> **Records from a collection**:
-*-*-
-- ===== src/Buffer/Statements.antt =====
-- Statements one after another, and what a query finds.
use potatodb.Prelude.{
  ℕ, ◌+◌, ◌<◌, ◌≡◌, refl, sym, ap, ◌∙◌, subst, String, Bool, true, false, none, some, List, [], ◌∷◌,
  map, filter, is_empty, if◌then◌else◌, str_eq, str_eq_iff, Bool-cases, inl, inr, arith,
}
use potatodb.Prelude.HashMap.{HashMap, get}
use potatodb.Catalog.Types.{TableMeta}
use potatodb.Arrow.Log.{Faults}
use potatodb.Arrow.Holds.{Logged, cleared}
use potatodb.Arrow.Reopen.{nothing}
use potatodb.Arrow.Session.{new_log}
use potatodb.Buffer.State.{Env, BufferedInsert, Db, Reply, done, ◌>>=◌}
use potatodb.Buffer.Flush.{
  flush_table, flush_tables, flush_all, flush_buffered_for_sql, buffered_tables,
}
use potatodb.Buffer.Insert.{Moment, buffer_insert_batches}
use potatodb.Buffer.Sound.{Sound, Ends, Ends-bind, batches_in}
use potatodb.Buffer.Stage.{written}
use potatodb.Buffer.Rows.{Ends-map, Rows}
use potatodb.Buffer.Buffered.{Both, flush_table-Both}
use potatodb.Buffer.Inserted.{After, buffer_insert_batches-After}

-- An insert without a list of columns, a flush of a table, and a query, which flushes the tables
-- that it mentions.
pub data Statement (e : Env) : Type 0 where
  insert_into : Moment → String → List e.ipc.Batch → Statement e
  flush : Faults → String → Statement e
  query : Faults → (String → Bool) → Statement e

abbrev listed : List String → String → Bool
listed [] t = false
listed (x ∷ xs) t = let rest = listed xs t in if str_eq x t then true else rest

listed-filter :
    (p : String → Bool) (ts : List String) (t : String)
    → p t ≡ true
    → listed (filter p ts) t ≡ listed ts t
listed-filter p [] t h = refl
listed-filter p (x ∷ ts) t h = ground (arith, listed-filter p ts t h, str_eq_iff x t, h)

module _ {e : Env} where
  listed-get :
      (B : HashMap (BufferedInsert e)) (t : String)
      → listed (map (λ (entry : String × BufferedInsert e). entry.0) B) t ≡ false
      → get B t ≡ none
  unfolding get
  listed-get [] t h = refl
  listed-get ((x, entry) ∷ B) t h = ground (arith, listed-get B t (ground (arith, h)), h)

  get-none : (B : HashMap (BufferedInsert e)) (t : String) → is_empty B ≡ true → get B t ≡ none
  unfolding get
  get-none [] t h = refl
  get-none (x ∷ B) t h = cc

  unfoldable pub execute : Statement e → Db e → Reply e (Unit {0})
  unfolding buffer_insert_batches flush_table flush_buffered_for_sql
  execute (insert_into m table batches) d =
      buffer_insert_batches e m table none batches d >>= λ _ d1. done tt d1
  execute (flush f table) d = flush_table e f table d >>= λ _ d1. done tt d1
  execute (query f mentions) d = flush_buffered_for_sql e f mentions d >>= λ _ d1. done tt d1

  -- The first error ends the run.
  unfoldable pub execute_all : List (Statement e) → Db e → Reply e (Unit {0})
  unfolding execute
  execute_all [] d = done tt d
  execute_all (x ∷ xs) d = execute x d >>= λ _ d1. execute_all xs d1

  -- How many statements are inserts.
  abbrev pub inserts : List (Statement e) → ℕ
  inserts [] = 0
  inserts (insert_into m table batches ∷ xs) = inserts xs + 1
  inserts (x ∷ xs) = inserts xs

  -- The engine after a start with a new Arrow log.
  abbrev pub Started : Db e → Type 0
  Started d = (d.write_buffer ≡ []) × (d.replaying_wal ≡ false) × (d.arrow_wal ≡ some new_log)

  module _ (s : Sound e) where
    open s use {Content, content, put}

    -- What every table holds when each insert puts its batches to it at once.
    abbrev pub inserted : List (Statement e) → (String → Content) → String → Content
    inserted [] g = g
    inserted (insert_into m table batches ∷ xs) g = inserted xs (written s table none batches g)
    inserted (x ∷ xs) g = inserted xs g

    abbrev cleared_all : List String → Logged e.ipc → Logged e.ipc
    cleared_all [] L = L
    cleared_all (t ∷ ts) L = cleared_all ts (cleared e.ipc t L)

    cleared_all-listed :
        (ts : List String) (L : Logged e.ipc) (t : String)
        → cleared_all ts L t ≡ (if listed ts t then [] else L t)
    cleared_all-listed [] L t = refl
    cleared_all-listed (x ∷ ts) L t = cleared_all-listed ts (cleared e.ipc x L) t ∙ ground arith

    module _ (C : HashMap TableMeta) (r : Bool) where
      flush_tables-Both :
          (L : Logged e.ipc) (g : String → Content) (room : ℕ) (f : Faults) (ts : List String)
          (d : Db e)
          → Both s C r L g room d
          → Ends (Both s C r (cleared_all ts L) g room) (flush_tables e f ts d)
      unfolding flush_tables
      flush_tables-Both L g room f [] d h = h
      flush_tables-Both L g room f (t ∷ ts) d h =
          let L1 = cleared e.ipc t L in
          let P = Both s C r (cleared_all ts L1) g room in
          Ends-bind (Both s C r L1 g room) P (flush_table e f t d) _
            (flush_table-Both s C r L g room f t d h)
            λ n d1 h1.
              Ends-bind P P (flush_tables e f ts d1) _ (flush_tables-Both L1 g room f ts d1 h1)
                λ m d2 h2. h2

      -- A query leaves nothing in the buffer for the tables that it mentions.
      abbrev pub Queried : (String → Bool) → (String → Content) → ℕ → Db e → Type 0
      Queried mentions g room d =
          (L : Logged e.ipc) × ((t : String) → mentions t ≡ true → L t ≡ []) × Both s C r L g room d

      pub flush_buffered_for_sql-Queried :
          (L : Logged e.ipc) (g : String → Content) (room : ℕ) (f : Faults)
          (mentions : String → Bool) (d : Db e)
          → Both s C r L g room d
          → Ends (Queried mentions g room) (flush_buffered_for_sql e f mentions d)
      unfolding flush_buffered_for_sql
      flush_buffered_for_sql-Queried L g room f mentions d h =
          elim (Bool-cases (is_empty d.write_buffer)) [
            | inl q ↦
                rw q (L, λ t z. sym (h.0.held t) ∙ ap batches_in (get-none d.write_buffer t q), h)
            | inr q ↦ rw q (elim (Bool-cases (is_empty (filter mentions (buffered_tables e d)))) [
              | inl z ↦ rw (z, flush_all) (settled (buffered_tables e d) λ t m. refl)
              | inr z ↦ rw z (
                  settled (filter mentions (buffered_tables e d))
                    (listed-filter mentions (buffered_tables e d)))
            ])
          ]
        where
          settled :
              (ts : List String)
              → ((t : String) → mentions t ≡ true → listed ts t ≡ listed (buffered_tables e d) t)
              → Ends (Queried mentions g room) (flush_tables e f ts d)
          settled ts all =
              Ends-map (Both s C r (cleared_all ts L) g room) (Queried mentions g room)
                (flush_tables e f ts d)
                (λ d1 h1.
                  (cleared_all ts L, λ t q. cleared_all-listed ts L t ∙ left ts all t q, h1))
                (flush_tables-Both L g room f ts d h)
            where
              left :
                  (ts : List String)
                  → ((t : String)
                      → mentions t ≡ true
                      → listed ts t ≡ listed (buffered_tables e d) t)
                  → (t : String) → mentions t ≡ true
                  → (if listed ts t then [] else L t) ≡ []
              left ts all t q = elim (Bool-cases (listed ts t)) [
                | inl z ↦ rw z refl
                | inr z ↦ rw z (
                    sym (h.0.held t)
                    ∙ ap batches_in (listed-get d.write_buffer t (sym (all t q) ∙ z)))
              ]

      -- The run of one statement, which is followed by others.
      execute-Both :
          (x : Statement e) (xs : List (Statement e)) (L : Logged e.ipc) (g : String → Content)
          (d : Db e)
          → Both s C r L g (inserts (x ∷ xs)) d
          → Ends
              (λ d1.
                (L1 : Logged e.ipc) × (g1 : String → Content) × (inserted xs g1
                  ≡ inserted (x ∷ xs) g)
                × Both s C r L1 g1 (inserts xs) d1)
              (execute x d)
      unfolding execute
      execute-Both (insert_into m table batches) xs L g d h =
          Ends-bind (After s C r L (written s table none batches g) (inserts xs) table) _
            (buffer_insert_batches e m table none batches d) _
            (buffer_insert_batches-After s C r L g (inserts xs) m table batches d h)
            λ u d1 (L1, others, k). (L1, written s table none batches g, refl, k)
      execute-Both (flush f table) xs L g d h =
          Ends-bind (Both s C r (cleared e.ipc table L) g (inserts xs)) _ (flush_table e f table d)
            _ (flush_table-Both s C r L g (inserts xs) f table d h)
            λ u d1 k. (cleared e.ipc table L, g, refl, k)
      execute-Both (query f mentions) xs L g d h =
          Ends-bind (Queried mentions g (inserts xs)) _ (flush_buffered_for_sql e f mentions d) _
            (flush_buffered_for_sql-Queried L g (inserts xs) f mentions d h)
            λ u d1 (L1, mentioned, k). (L1, g, refl, k)

      pub execute_all-Both :
          (xs : List (Statement e)) (L : Logged e.ipc) (g : String → Content) (d : Db e)
          → Both s C r L g (inserts xs) d
          → Ends (λ d1. (L1 : Logged e.ipc) × Both s C r L1 (inserted xs g) 0 d1) (execute_all xs d)
      unfolding execute_all
      execute_all-Both [] L g d h = (L, h)
      execute_all-Both (x ∷ xs) L g d h =
          Ends-bind _ _ (execute x d) (λ u d1. execute_all xs d1) (execute-Both x xs L g d h)
            λ u d1 (L1, g1, same, k).
              subst
                (λ g2. Ends (λ d2. (L2 : Logged e.ipc) × Both s C r L2 g2 0 d2) (execute_all xs d1))
                same (execute_all-Both xs L1 g1 d1 k)

    -- With an empty buffer the tables hold all rows.
    pub empty-Rows :
        (r : Bool) (d : Db e)
        → d.write_buffer ≡ []
        → d.replaying_wal ≡ r
        → Rows s d.catalog.tables r (nothing e.ipc) (content d.world) d
    empty-Rows r d empty mode =
        let none_at : (t : String) → get d.write_buffer t ≡ none =
          λ t. get-none d.write_buffer t (ap is_empty empty) in
        record {
          held = λ t. ap batches_in (none_at t);
          stored = λ t. s.put_empty (content d.world t) none [] refl;
          plain = λ t entry q. cc (none_at t, q);
          mode = mode;
          tables = λ t q. q;
        }

    pub Started-Both :
        (d : Db e) (room : ℕ)
        → Started d
        → room < 1000000
        → Both s d.catalog.tables false (nothing e.ipc) (content d.world) room d
    Started-Both d room (empty, off, at) lt = (
      empty-Rows false d empty off,
      λ z. (
        new_log,
        at,
        record { entries = tt; absent = λ t q. refl; unique = tt },
        omega (arith, lt),
      ),
    )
-*-*-
Answer with the exact lines running from the one that contains "execute_all-Both [] L g d h = (L, h)" through the last line of the data. Include no other line.

> **Exercise response**:
      execute_all-Both [] L g d h = (L, h)
      execute_all-Both (x ∷ xs) L g d h =
          Ends-bind _ _ (execute x d) (λ u d1. execute_all xs d1) (execute-Both x xs L g d h)
            λ u d1 (L1, g1, same, k).
              subst
                (λ g2. Ends (λ d2. (L2 : Logged e.ipc) × Both s C r L2 g2 0 d2) (execute_all xs d1))
                same (execute_all-Both xs L1 g1 d1 k)

    -- With an empty buffer the tables hold all rows.
    pub empty-Rows :
        (r : Bool) (d : Db e)
        → d.write_buffer ≡ []
        → d.replaying_wal ≡ r
        → Rows s d.catalog.tables r (nothing e.ipc) (content d.world) d
    empty-Rows r d empty mode =
        let none_at : (t : String) → get d.write_buffer t ≡ none =
          λ t. get-none d.write_buffer t (ap is_empty empty) in
        record {
          held = λ t. ap batches_in (none_at t);
          stored = λ t. s.put_empty (content d.world t) none [] refl;
          plain = λ t entry q. cc (none_at t, q);
          mode = mode;
          tables = λ t q. q;
        }

    pub Started-Both :
        (d : Db e) (room : ℕ)
        → Started d
        → room < 1000000
        → Both s d.catalog.tables false (nothing e.ipc) (content d.world) room d
    Started-Both d room (empty, off, at) lt = (
      empty-Rows false d empty off,
      λ z. (
        new_log,
        at,
        record { entries = tt; absent = λ t q. refl; unique = tt },
        omega (arith, lt),
      ),
    )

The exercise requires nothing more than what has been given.